O'Donnell v. Sinnott

Per Curiam.

Petitioner is a war veteran, but not a disabled veteran. He held a position as laborer in the office of the clerk of Kings County. Having been appointed without competitive examination, he was in the exempt class (Civil Service Law § 13, subd. 4). He was one of three exempt laborers, each of whom received a salary of $1,900 a year. The appropriating body eliminated one of these positions by reducing the number of laborers provided for at $1,900 from three to two. The two incumbents other than petitioner were nonveterans and junior in point of service to petitioner. The question presented is whether the County Clerk was required by law to keep petitioner and let one of the other incumbents go, instead of acting as he did in letting petitioner go, and retaining the other two.

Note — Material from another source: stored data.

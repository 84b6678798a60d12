-- ===== src/Bng/Digit/Exact.antt =====
-- Each macro computes exactly: the digit and the carry together are the sum, difference or product.
use native.Mathlib.Nat.{div-add-mod'}
use ocaml_pro_ocaml_branch.Base.{ℕ, ◌+◌, ◌-◌, ◌*◌, ◌/◌, ◌%◌, ◌^◌, ◌<◌, ◌≤◌, ◌≡◌, arith, ap₂}
use ocaml_pro_ocaml_branch.Base.Bits.{bit_and-mask}
use ocaml_pro_ocaml_branch.Bng.Digit.{
  base, add2, add2_carry, add3, sub2, sub2_carry, sub3, join_products, mult,
}

pub add2_lem :
    (a b : ℕ)
    → a < base
    → b < base
    → ((add2 a b).res + base * (add2 a b).carry ≡ a + b)
      × ((add2 a b).res < base)
      × ((add2 a b).carry ≤ 1)
unfolding add2
add2_lem a b ha hb = ground arith

pub add2_carry_lem :
    (a b c : ℕ)
    → a < base
    → b < base
    → c ≤ 1
    → ((add2_carry a b c).res + base * (add2_carry a b c).carry ≡ a + b + c)
      × ((add2_carry a b c).res < base)
      × ((add2_carry a b c).carry ≤ 1)
unfolding add2_carry
add2_carry_lem a b c ha hb hc = ground arith

-- The total must fit two digits, since the accumulated carry is a digit.
pub add3_lem :
    (accu a b c : ℕ)
    → a < base
    → b < base
    → c < base
    → accu < base
    → a + b + c + base * accu < base * base
    → ((add3 accu a b c).res + base * (add3 accu a b c).carry ≡ a + b + c + base * accu)
      × ((add3 accu a b c).res < base)
      × ((add3 accu a b c).carry < base)
unfolding add3
add3_lem accu a b c ha hb hc h fits = ground arith

pub sub2_lem :
    (a b : ℕ)
    → a < base
    → b < base
    → ((sub2 a b).res + b ≡ a + base * (sub2 a b).carry)
      × ((sub2 a b).res < base)
      × ((sub2 a b).carry ≤ 1)
unfolding sub2
sub2_lem a b ha hb = ground arith

pub sub2_carry_lem :
    (a b c : ℕ)
    → a < base
    → b < base
    → c ≤ 1
    → ((sub2_carry a b c).res + b + c ≡ a + base * (sub2_carry a b c).carry)
      × ((sub2_carry a b c).res < base)
      × ((sub2_carry a b c).carry ≤ 1)
unfolding sub2_carry
sub2_carry_lem a b c ha hb hc = ground arith

pub sub3_lem :
    (accu a b c : ℕ)
    → a < base
    → b < base
    → c < base
    → accu < base
    → b + c + base * accu ≤ base * (base - 1)
    → ((sub3 accu a b c).res + b + c + base * accu ≡ a + base * (sub3 accu a b c).carry)
      × ((sub3 accu a b c).res < base)
      × ((sub3 accu a b c).carry < base)
unfolding sub3
sub3_lem accu a b c ha hb hc h fits = ground arith

-- The largest product of two halves.
abbrev top_product : ℕ
top_product = (2 ^ 32 - 1) * (2 ^ 32 - 1)

half_product : (a b : ℕ) → a < 2 ^ 32 → b < 2 ^ 32 → a * b ≤ top_product
half_product a b ha hb = grind arith

join_products_lem :
    (p11 p12 p21 p22 : ℕ)
    → p11 ≤ top_product
    → p12 ≤ top_product
    → p21 ≤ top_product
    → p22 * base + (p12 + p21) * 2 ^ 32 + p11 ≤ (base - 1) * (base - 1)
    → ((join_products p11 p12 p21 p22).res + base * (join_products p11 p12 p21 p22).carry
        ≡ p22 * base + (p12 + p21) * 2 ^ 32 + p11)
      × ((join_products p11 p12 p21 p22).res < base)
unfolding join_products
join_products_lem p11 p12 p21 p22 h11 h12 h21 fits = omega (
  arith,
  add3_lem ((p22 + p12 / 2 ^ 32 + p21 / 2 ^ 32) % base) p11 (p12 * 2 ^ 32 % base)
      (p21 * 2 ^ 32 % base),
)

full_product : (a b : ℕ) → a < base → b < base → a * b ≤ (base - 1) * (base - 1)
full_product a b ha hb = grind arith

cut_product :
    (a b : ℕ)
    → a / 2 ^ 32 * (b / 2 ^ 32) * base
        + (a % 2 ^ 32 * (b / 2 ^ 32) + a / 2 ^ 32 * (b % 2 ^ 32)) * 2 ^ 32
        + a % 2 ^ 32 * (b % 2 ^ 32)
      ≡ a * b
cut_product a b =
    omega (arith, ap₂ (λ (s t : ℕ). s * t) (div-add-mod' a (2 ^ 32)) (div-add-mod' b (2 ^ 32)))

digit_half_product : (a b : ℕ) → a < 2 ^ 32 → b < 2 ^ 32 → a * b % base ≡ a * b
digit_half_product a b ha hb = omega (arith, half_product a b ha hb)

mult_exact :
    (a b : ℕ)
    → a < base
    → b < base
    → let p =
        join_products
          (a % 2 ^ 32 * (b % 2 ^ 32))
          (a % 2 ^ 32 * (b / 2 ^ 32))
          (a / 2 ^ 32 * (b % 2 ^ 32))
          (a / 2 ^ 32 * (b / 2 ^ 32)) in
      (p.res + base * p.carry ≡ a * b) × (p.res < base) × (p.carry + 1 < base)
mult_exact a b ha hb =
    let a1 : a / 2 ^ 32 < 2 ^ 32 = omega arith in
    let b1 : b / 2 ^ 32 < 2 ^ 32 = omega arith in
    let a0 : a % 2 ^ 32 < 2 ^ 32 = omega arith in
    let b0 : b % 2 ^ 32 < 2 ^ 32 = omega arith in
    let joined =
      join_products_lem (a % 2 ^ 32 * (b % 2 ^ 32)) (a % 2 ^ 32 * (b / 2 ^ 32))
        (a / 2 ^ 32 * (b % 2 ^ 32)) (a / 2 ^ 32 * (b / 2 ^ 32)) (half_product _ _ a0 b0)
        (half_product _ _ a0 b1) (half_product _ _ a1 b0)
        (omega (arith, cut_product a b, full_product a b ha hb)) in
    omega (arith, joined, cut_product a b, full_product a b ha hb)

-- BngMult gives the double-digit product.
pub mult_lem :
    (a b : ℕ)
    → a < base
    → b < base
    → ((mult a b).res + base * (mult a b).carry ≡ a * b)
      × ((mult a b).res < base)
      × ((mult a b).carry + 1 < base)
unfolding mult
mult_lem a b ha hb =
    let a1 : a / 2 ^ 32 < 2 ^ 32 = omega arith in
    let b1 : b / 2 ^ 32 < 2 ^ 32 = omega arith in
    let a0 : a % 2 ^ 32 < 2 ^ 32 = omega arith in
    let b0 : b % 2 ^ 32 < 2 ^ 32 = omega arith in
    rw
      (
        bit_and-mask 32 a,
        bit_and-mask 32 b,
        digit_half_product (a % 2 ^ 32) (b % 2 ^ 32) a0 b0,
        digit_half_product (a % 2 ^ 32) (b / 2 ^ 32) a0 b1,
        digit_half_product (a / 2 ^ 32) (b % 2 ^ 32) a1 b0,
        digit_half_product (a / 2 ^ 32) (b / 2 ^ 32) a1 b1,
      )
      (mult_exact a b ha hb)
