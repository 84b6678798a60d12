-- ===== src/Bng/Value.antt =====
-- What an array of digits stands for: the least significant digit comes first.
use native.Mathlib.Nat.{zero-add, suc-add}
use ocaml_pro_ocaml_branch.Base.{
  ℕ, zero, suc, ◌+◌, ◌*◌, ◌<◌, ◌≤◌, ◌≡◌, ap, arith, List, [], ◌∷◌, ◌++◌, length,
}
use ocaml_pro_ocaml_branch.Bng.Digit.{base}

unfoldable pub value : List ℕ → ℕ
value [] = 0
value (x ∷ xs) = x + base * value xs

-- Every digit is below the base.
abbrev pub IsDigits : List ℕ → Type 0
IsDigits [] = Unit
IsDigits (x ∷ xs) = (x < base) × IsDigits xs

-- The weight of the digit at index `n`.
unfoldable pub weight : ℕ → ℕ
weight zero = 1
weight (suc n) = base * weight n

pub value-lt : (xs : List ℕ) → IsDigits xs → value xs < weight (length xs)
unfolding value weight
value-lt [] d = omega arith
value-lt (x ∷ xs) d = omega (arith, value-lt xs d.1)

pub value-append : (xs ys : List ℕ) → value (xs ++ ys) ≡ value xs + weight (length xs) * value ys
unfolding value weight
value-append [] ys = omega arith
value-append (x ∷ xs) ys = omega (arith, value-append xs ys)

pub weight_pos : (n : ℕ) → 0 < weight n
unfolding weight
weight_pos zero = omega arith
weight_pos (suc n) = omega (arith, weight_pos n)

pub weight-add : (m n : ℕ) → weight (m + n) ≡ weight m * weight n
unfolding weight
weight-add zero n = omega (arith, ap weight (zero-add n))
weight-add (suc m) n = omega (arith, weight-add m n, ap weight (suc-add m n))

pub weight_mono : (m n : ℕ) → m ≤ n → weight m ≤ weight n
unfolding weight
weight_mono zero n h = weight_pos n
weight_mono (suc m) zero h = absurd (omega arith)
weight_mono (suc m) (suc n) h = omega (arith, weight_mono m n (omega arith))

Section 31 of the Civil Service Law, which provides in substance that removals must be in the inverse order of appointment, has no application to the present situation, for the reason that it is limited to employees in the competitive class.

Petitioner claims, however, that his retention was required by reason of the provisions of section 22 of the Civil Service Law'. That section first provides for the right of war veterans and volunteer firemen to a hearing on charges before dismissal. Such provisions have no relation to a situation like the present where there is no dismissal, but removal for reasons of economy.

Section 22, however, contains the following additional provisions: “ If the position so held by any such honorably discharged soldier * * * or exempt volunteer firemen shall become unnecessary or be abolished for reasons of economy or otherwise, the said honorably discharged soldier * * * or exempt volunteer fireman holding the same shall not be discharged from the public service but. shall be transferred to any branch of the said service for duty in such position as he may be fitted to fill, receiving the same compensation therefor, and it is hereby made the duty of all persons clothed with power of appointment to make such transfer effective.”-

There is no claim that any vacancy exists to which petitioner might be transferred. His claim is that he was entitled to preference in retention over nonveterans because such right is to be implied under section 22 of the Civil Service Law.

This court held in Matter of Devins v. Sayer (200 App. Div. 669) that a veteran had the implied right of preference in retention over nonveterans under section 22 of the Civil Service Law where some hut not all positions of a class were abolished for reasons of economy. Our holding was reversed *178in the Court of Appeals in 233 N. Y. 690, on authority of People ex rel. Davison v. Williams (213 N. Y. 130).

The Davison case involved the rights of a volunteer fireman who had the same degree of statutory preference under the Civil Service Law held by a veteran. Concerning the extent of such right the Court of Appeals said: 11 We find nothing in the statute by which it became the commissioner’s duty, in determining what positions he would abolish, to select in the first instance positions occupied by persons. other than volunteer firemen. * * * But where a reduction of employees becomes necessary, the statute does not require that a fireman’s position shall be continued, and that the positions of others not firemen shall be terminated. To make out the right to such a preference, an employee must be able to put his finger upon the precise provision of the statute which secures it to him. This the relator cannot do.”

Under the present statutory scheme, veterans who are not disabled have no right of preference in appointment under section 21 of the Civil Service Law. They would appear to receive no greater implied rights, therefore, under section 22 than did the volunteer fireman involved in the Davison case (supra).

Special Term in granting petitioner’s demand for reinstatement relied largely on a statement contained in the opinion of the Court of Appeals in Matter of Clancy v. Halleran (263 N. Y. 258) to the effect that, if positions are abolished for reasons of economy, the veteran must be the last one to go. In the light of the facts involved and the earlier rulings above referred to it is our view that that statement is not controlling here. In the Clancy case, the employee was a disabled veteran. As such, he had preference in appointment which was a right continuing during his entire term of service, thus affording him a preference in retention. (Matter of Stutzbach v. Coler, 168 N. Y. 416; People ex rel. Davison v. Williams, supra.) As we have pointed out, under the present statutory provisions, no right of preference in appointment or retention is afforded those other than disabled veterans. Therefore, one situated as is petitioner would seem to be without any such right. We can find no basis under the present Civil Service Law or Rules for the Classified Civil Service for the order appealed from.

The order should be reversed, with twenty dollars costs and disbursements, and the motion denied.

Townley, Untermyer, Dore and Callahan, JJ., concur; Martin, P. J., dissents.

Order reversed, with twenty dollars costs and disbursements, and motion denied.